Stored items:
+ + +

-- ===== src/Ingest/BucketLimiter/Credit.antt =====
-- The credit of a bucket over time, as numbers.
use get_exception.Base.{
  ℕ, ◌+◌, ◌-◌, ◌*◌, ◌≤◌, ◌≡◌, refl, ap, Option, none, some, arith, Bool-cases, inl, inr, ltb,
  if◌then◌else◌, leb,
}
use get_exception.Ingest.BucketLimiter.{Bucket, idle_limit, is_recent, bucket_or, refill, charge}
use get_exception.Base.Dict.{kept}

-- The most credit that a bucket, or none, stands for at a time, refilled at `rate` up to `burst`.
abbrev pub credit_at : ℕ → ℕ → ℕ → Option Bucket → ℕ
credit_at rate burst now o = refill rate burst now (bucket_or burst now o)

mul_mono : (a b r : ℕ) → a ≤ b → a * r ≤ b * r
mul_mono a b r h = grind arith

pub later :
    (rate burst t now : ℕ) (o : Option Bucket)
    → t ≤ now
    → credit_at rate burst now o ≤ credit_at rate burst t o + (now - t) * rate
later rate burst t now none h = omega arith
later rate burst t now (some b) h =
    omega (arith, mul_mono (now - b.at) ((t - b.at) + (now - t)) rate (omega arith))

pub refill_mono :
    (r r' b b' now : ℕ) (o : Option Bucket)
    → r ≤ r'
    → b ≤ b'
    → refill r b now (bucket_or b now o) ≤ refill r' b' now (bucket_or b' now o)
refill_mono r r' b b' now none h g = omega arith
refill_mono r r' b b' now (some x) h g = grind arith

-- A bucket that a sweep drops was full again.
pub swept :
    (rate burst now : ℕ) (o : Option Bucket)
    → burst * 1000 ≤ idle_limit * rate
    → credit_at rate burst now (kept (is_recent now) o) ≡ credit_at rate burst now o
swept rate burst now none h = refl
swept rate burst now (some b) h = elim (Bool-cases (ltb idle_limit (now - b.at))) [
  | inl old ↦ rw old (omega (arith, mul_mono idle_limit (now - b.at) rate (ground arith)))
  | inr recent ↦ rw recent refl
]

-- What a call leaves in its bucket, with what it paid.
pub pay :
    (rate burst now before : ℕ)
    → credit_at rate burst now (some (record { credit = charge before; at = now }))
        + (if leb 1000 before then 1000 else 0)
      ≤ before
pay rate burst now before = ground arith

pub regroup : (rate a b c : ℕ) → a ≤ b → b ≤ c → (b - a) * rate + (c - b) * rate ≡ (c - a) * rate
regroup rate a b c h g =
    let same : (b - a) + (c - b) ≡ c - a = omega arith in
    omega (arith, ap (λ (t : ℕ). t * rate) same)
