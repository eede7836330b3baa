-- ===== src/Ingest/BucketLimiter/Size.antt =====
-- The map of buckets stays a map, and never outgrows its capacity.
use get_exception.Base.{ℕ, ◌≤◌, ◌≡◌, false, arith, length, Eq, leb, ◌&&◌, not}
use get_exception.Base.Dict.{
  Distinct, get, has, length-set-le, length-set-has, length-keep-le, set-Distinct, keep-Distinct,
}
use get_exception.Ingest.BucketLimiter.{
  Limiter, Call, Bucket, capacity, init, is_recent, refill, bucket_or, charge, sweep, spend, take,
}

module _ {K : Type 0} ⦃e : Eq K⦄ where
  pub record IsBounded (l : Limiter K) : Type 0 where
    pub distinct : Distinct l.buckets
    pub fits : length l.buckets ≤ capacity

  pub sweep-IsBounded : (l : Limiter K) (now : ℕ) → IsBounded l → IsBounded (sweep l now)
  unfolding sweep
  sweep-IsBounded l now v = ground (
    arith,
    keep-Distinct (is_recent now) l.buckets v.distinct,
    length-keep-le (is_recent now) l.buckets,
  )

  spend-Distinct : (l : Limiter K) (c : Call K) → IsBounded l → Distinct (spend l c).0.buckets
  unfolding spend
  spend-Distinct l c v = set-Distinct l.buckets c.key _ v.distinct

  length-spend-le :
      (l : Limiter K) (c : Call K)
      → (leb capacity (length l.buckets) && not (has l.buckets c.key)) ≡ false
      → IsBounded l
      → length (spend l c).0.buckets ≤ capacity
  unfolding spend
  length-spend-le l c h v =
      let b : Bucket = record {
        credit =
            charge (refill c.rate c.burst c.now (bucket_or c.burst c.now (get l.buckets c.key)));
        at = c.now;
      } in
      ground (arith, length-set-le l.buckets c.key b, length-set-has l.buckets c.key b)

  -- Every call, allowed or not, keeps one bucket for a key and at most `capacity` buckets.
  pub take-IsBounded : (l : Limiter K) (c : Call K) → IsBounded l → IsBounded (take l c).0
  unfolding take
  take-IsBounded l c v = ground (
    arith,
    sweep-IsBounded l c.now v,
    spend-Distinct (sweep l c.now) c,
    length-spend-le (sweep l c.now) c,
  )

pub init-IsBounded : (K : Type 0) ⦃e : Eq K⦄ → IsBounded (init K)
unfolding init
init-IsBounded K = record { distinct = tt; fits = omega arith }
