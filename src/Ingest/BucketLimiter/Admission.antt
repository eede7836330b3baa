-- ===== src/Ingest/BucketLimiter/Admission.antt =====
-- How many calls of one key a schedule can admit.
use get_exception.Base.{
  ℕ, ◌+◌, ◌-◌, ◌*◌, ◌≤◌, ◌≡◌, ◌≢◌, length, ◌||◌, Bool, ◌&&◌, List, [], ◌∷◌, arith, All, Eq, ltb,
  ◌===◌, if◌then◌else◌, leb,
}
use get_exception.Base.Dict.{get, has, get-set, get-keep}
use get_exception.Ingest.BucketLimiter.{
  Limiter, Call, capacity, idle_limit, is_recent, bucket_or, refill, charge, sweep, spend, take,
}
use get_exception.Ingest.BucketLimiter.Credit.{credit_at, later, refill_mono, swept, pay, regroup}
use get_exception.Ingest.BucketLimiter.Size.{IsBounded, take-IsBounded}

-- The clock of a schedule runs from `start` to `finish` and never back.
abbrev pub InOrder : {K : Type 0} → ℕ → List (Call K) → ℕ → Type 0
InOrder start [] finish = start ≤ finish
InOrder start (c ∷ cs) finish = (start ≤ c.now) × InOrder c.now cs finish

InOrder-le :
    {K : Type 0} (start : ℕ) (cs : List (Call K)) (finish : ℕ)
    → InOrder start cs finish
    → start ≤ finish
InOrder-le start [] finish h = h
InOrder-le start (c ∷ cs) finish h = omega (arith, InOrder-le c.now cs finish h.1)

-- The limits that a call for `k` names.
abbrev pub Within : {K : Type 0} → K → ℕ → ℕ → Call K → Type 0
Within k rate burst c = c.key ≡ k → (c.rate ≤ rate) × (c.burst ≤ burst)

module _ {K : Type 0} ⦃e : Eq K⦄ where
  -- The credit of `k` at a time, if it is refilled at `rate` up to `burst`.
  pub available : K → ℕ → ℕ → Limiter K → ℕ → ℕ
  available k rate burst l now = credit_at rate burst now (get l.buckets k)

  available-sweep :
      (k : K) (rate burst : ℕ) (l : Limiter K) (now : ℕ)
      → burst * 1000 ≤ idle_limit * rate
      → IsBounded l
      → available k rate burst (sweep l now) now ≡ available k rate burst l now
  unfolding available sweep
  available-sweep k rate burst l now h v = ground (
    arith,
    get-keep (is_recent now) l.buckets k v.distinct,
    swept rate burst now (get l.buckets k) h,
  )

  -- The credit that a call costs `k`.
  unfoldable pub cost : K → Call K → Bool → ℕ
  cost k c allowed = if (c.key === k) && allowed then 1000 else 0

  available-spend :
      (k : K) (rate burst : ℕ) (l : Limiter K) (c : Call K)
      → Within k rate burst c
      → available k rate burst (spend l c).0 c.now + cost k c (spend l c).1
        ≤ available k rate burst l c.now
  unfolding available spend cost
  available-spend k rate burst l c h =
      let o = get l.buckets c.key in
      let before = refill c.rate c.burst c.now (bucket_or c.burst c.now o) in
      ground (
        arith,
        e.beq_iff c.key k,
        get-set l.buckets c.key k (record { credit = charge before; at = c.now }),
        pay rate burst c.now before,
        refill_mono c.rate rate c.burst burst c.now o,
        h,
      )

  pub available-take :
      (k : K) (rate burst : ℕ) (l : Limiter K) (c : Call K)
      → burst * 1000 ≤ idle_limit * rate
      → Within k rate burst c
      → IsBounded l
      → available k rate burst (take l c).0 c.now + cost k c (take l c).1
        ≤ available k rate burst l c.now
  unfolding take cost
  available-take k rate burst l c h within v = ground (
    arith,
    available-sweep k rate burst l c.now h v,
    available-spend k rate burst (sweep l c.now) c within,
  )

  -- A call for one key leaves the credit of every other key as it was, also when it sweeps.
  pub available-take_ne :
      (k : K) (rate burst : ℕ) (l : Limiter K) (c : Call K)
      → burst * 1000 ≤ idle_limit * rate
      → c.key ≢ k
      → IsBounded l
      → available k rate burst (take l c).0 c.now ≡ available k rate burst l c.now
  unfolding take spend available
  available-take_ne k rate burst l c h ne v =
      let before =
        refill c.rate c.burst c.now (bucket_or c.burst c.now (get (sweep l c.now).buckets c.key)) in
      ground (
        arith,
        e.beq_iff c.key k,
        available-sweep k rate burst l c.now h v,
        get-set (sweep l c.now).buckets c.key k (record { credit = charge before; at = c.now }),
      )

  -- A call is admitted exactly when its key has a bucket, or room for one, after the sweep, and the
  -- credit for a request.
  pub take-admits :
      (l : Limiter K) (c : Call K)
      → c.burst * 1000 ≤ idle_limit * c.rate
      → IsBounded l
      → (take l c).1 ≡ (
          (has (sweep l c.now).buckets c.key || ltb (length (sweep l c.now).buckets) capacity)
          && leb 1000 (available c.key c.rate c.burst l c.now))
  unfolding take spend available
  take-admits l c h v = ground (arith, available-sweep c.key c.rate c.burst l c.now h v)

  pub available_later :
      (k : K) (rate burst t now : ℕ) (l : Limiter K)
      → t ≤ now
      → available k rate burst l now ≤ available k rate burst l t + (now - t) * rate
  unfolding available
  available_later k rate burst t now l h = later rate burst t now (get l.buckets k) h

  pub available-le :
      (k : K) (rate burst : ℕ) (l : Limiter K) (now : ℕ)
      → available k rate burst l now ≤ 1000 * burst
  unfolding available
  available-le k rate burst l now = omega arith

  -- The calls of a schedule in turn: how many of those for `k` are admitted.
  unfoldable pub admitted : K → Limiter K → List (Call K) → ℕ
  admitted k l [] = 0
  admitted k l (c ∷ cs) =
      (if (c.key === k) && (take l c).1 then 1 else 0) + admitted k (take l c).0 cs

  admitted-le_available :
      (k : K) (rate burst : ℕ) (start finish : ℕ) (l : Limiter K) (cs : List (Call K))
      → burst * 1000 ≤ idle_limit * rate
      → InOrder start cs finish
      → All (Within k rate burst) cs
      → IsBounded l
      → 1000 * admitted k l cs ≤ available k rate burst l start + (finish - start) * rate
  unfolding admitted cost
  admitted-le_available k rate burst start finish l [] h order within v = omega arith
  admitted-le_available k rate burst start finish l (c ∷ cs) h order within v =
      let l' = (take l c).0 in
      ground (
        arith,
        available-take k rate burst l c h within.0 v,
        available_later k rate burst start c.now l order.0,
        regroup rate start c.now finish order.0 (InOrder-le c.now cs finish order.1),
        admitted-le_available k rate burst c.now finish l' cs h order.1 within.1
            (take-IsBounded l c v),
      )

  -- Let `burst * 1000` be at most `60000 * rate`, so that a bucket is full again before a sweep drops
  -- it as idle, let the limiter have one bucket for a key and no more than its capacity, and let the
  -- calls for a key have at most this rate and burst. Then from `start` to `finish` these calls, in
  -- any interleaving with those for other keys, are admitted at most `burst` times and once more for
  -- each `1000 / rate` milliseconds.
  pub admitted-le :
      (k : K) (rate burst : ℕ) (start finish : ℕ) (l : Limiter K) (cs : List (Call K))
      → burst * 1000 ≤ idle_limit * rate
      → InOrder start cs finish
      → All (Within k rate burst) cs
      → IsBounded l
      → 1000 * admitted k l cs ≤ 1000 * burst + (finish - start) * rate
  admitted-le k rate burst start finish l cs h order within v = omega (
    arith,
    admitted-le_available k rate burst start finish l cs h order within v,
    available-le k rate burst l start,
  )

+ + +

• BRIEF: For the lines above, output exactly those from the line containing "InOrder start [] finish = start ≤ finish" through the line containing "InOrder-le start (c", and skip the others.

• ANSWER TO THIS TASK:
InOrder start [] finish = start ≤ finish
InOrder start (c ∷ cs) finish = (start ≤ c.now) × InOrder c.now cs finish

InOrder-le :
    {K : Type 0} (start : ℕ) (cs : List (Call K)) (finish : ℕ)
    → InOrder start cs finish
    → start ≤ finish
InOrder-le start [] finish h = h
InOrder-le start (c ∷ cs) finish h = omega (arith, InOrder-le c.now cs finish h.1)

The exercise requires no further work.